Remove vowels from the string
We shouldn't remove any spaces, to give autocorrect a fighting chance
Args:
text (str): String to be 'encoded'
remove_rate (float): [0,1] proportion of vowels to be removed.
Returns:
str: lossily encoded string
"""
if remove_rate > 1:
raise ValueError("Remove rate greater than 1")
if remove_rate < 0:
raise ValueError("Remove rate less than 0")
text_list = list(text)
# Strip out spaces, punctuation since we don't need them here
stripped = [l for l in text_list if l in VOWELS]

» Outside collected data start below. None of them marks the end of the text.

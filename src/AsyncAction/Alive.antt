-- ===== src/AsyncAction/Alive.antt =====
-- bteng/nodes/leaf/async_action.py: who works for a node that is RUNNING.
use bteng.Prelude.{ℕ, ◌≡◌, true, ◌⊎◌, Option, none, some}
use bteng.Value.{Status}
use bteng.Tick.Reactive.{mem}
use bteng.AsyncAction.{Work, AsyncAction, Workers, find_done}
use bteng.AsyncAction.Published.{status_of, HasPublished}
use bteng.AsyncAction.Steps.{System, Reach}
use bteng.AsyncAction.Served.{Served}

-- The node's run is still queued or at work.
abbrev pub IsAtWork : Option ℕ → Option ℕ → Workers → Type 0
IsAtWork (some i) thread ws = (mem i ws.queued ≡ true) ⊎ (mem i ws.started ≡ true)
IsAtWork none (some i) ws = mem i ws.threads ≡ true
IsAtWork none none ws = ⊥

-- The run has ended with the status: in the pool, or its result was published.
abbrev HasEnded : Option ℕ → Option Status → Workers → Status → Type 0
HasEnded (some i) result ws s =
    (work : Work) × (find_done i ws.done ≡ some work) × (s ≡ status_of work)
HasEnded none result ws s = result ≡ some s

-- The node's run in the pool has ended with the work, or one on a thread.
abbrev pub HasGiven : {first s : System} → Reach first s → Option ℕ → Work → Type 0
HasGiven {s = s} r (some i) work = find_done i s.workers.done ≡ some work
HasGiven r none work = HasPublished r work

letters_to_remove = int(remove_rate * len(stripped))
for _ in range(letters_to_remove):
choice = random.randint(0, len(text_list) - 1)
while text_list[choice] not in VOWELS:
choice = random.randint(0, len(text_list) - 1)
del text_list[choice]
removed_letters = "".join(text_list)
# Make multiple spaces just one
return re.sub(" +", " ", removed_letters)
Again using that phrase:
The Quick Brown Fox Jumps Over The Lazy Dog
We can see the results for 0.5
Th Qck Brown Fx Jmps Over The Lazy Dog
This makes much more sense in my opinion but is obviously a smaller 'saving' than the first approach
We can even remove all the vowels
Th Qck Brwn Fx Jmps Ovr Th Lzy Dg
And this is pretty much intelligible still even without 'decoding'.
Using the same decoding scheme we end up with something like
the ack brown fix jumps or the lay do
However, this is probably because the autocorrect favours words that are the same length. It's also worth noting there's no real contextual information for each word 'brown fix' makes no sense where 'fox' would be a better option.
Demo on Longer Text
We can take Genesis 1:1 as our text to be encoded:
In the beginning God created the heavens and the earth. Now the earth was formless and empty, darkness was over the surface of the deep, and the Spirit of God was hovering over the waters.
Encoded with 50% of the vowels dropped:
In th bgnning Gd cratd th hevns and the arth. Nw the earth was formlss nd empty, darkness was ovr th surfac of th dep, and the Sprt of God was hverng ver th wtrs.
Decoded:
In the banning go crate the hens and the earth no the earth was formless and empty darkness was or the surface of the dept and the sort of God was hovering ver the worse
We get a compression ratio of 1.16, which is not great considering how different the decoded text is! However, perhaps this shows some promise of a sort of poetic re-imagining of the input text.
Removing all of the vowels from the text ends up with this after decoding:
In the boning go crud the hans and the the no the ruth is frills and empty dress is or the safe i the do and the sort i go is having or the worse
Which I think is at least somewhat interesting for having the same structure as the original text but interprets very differently.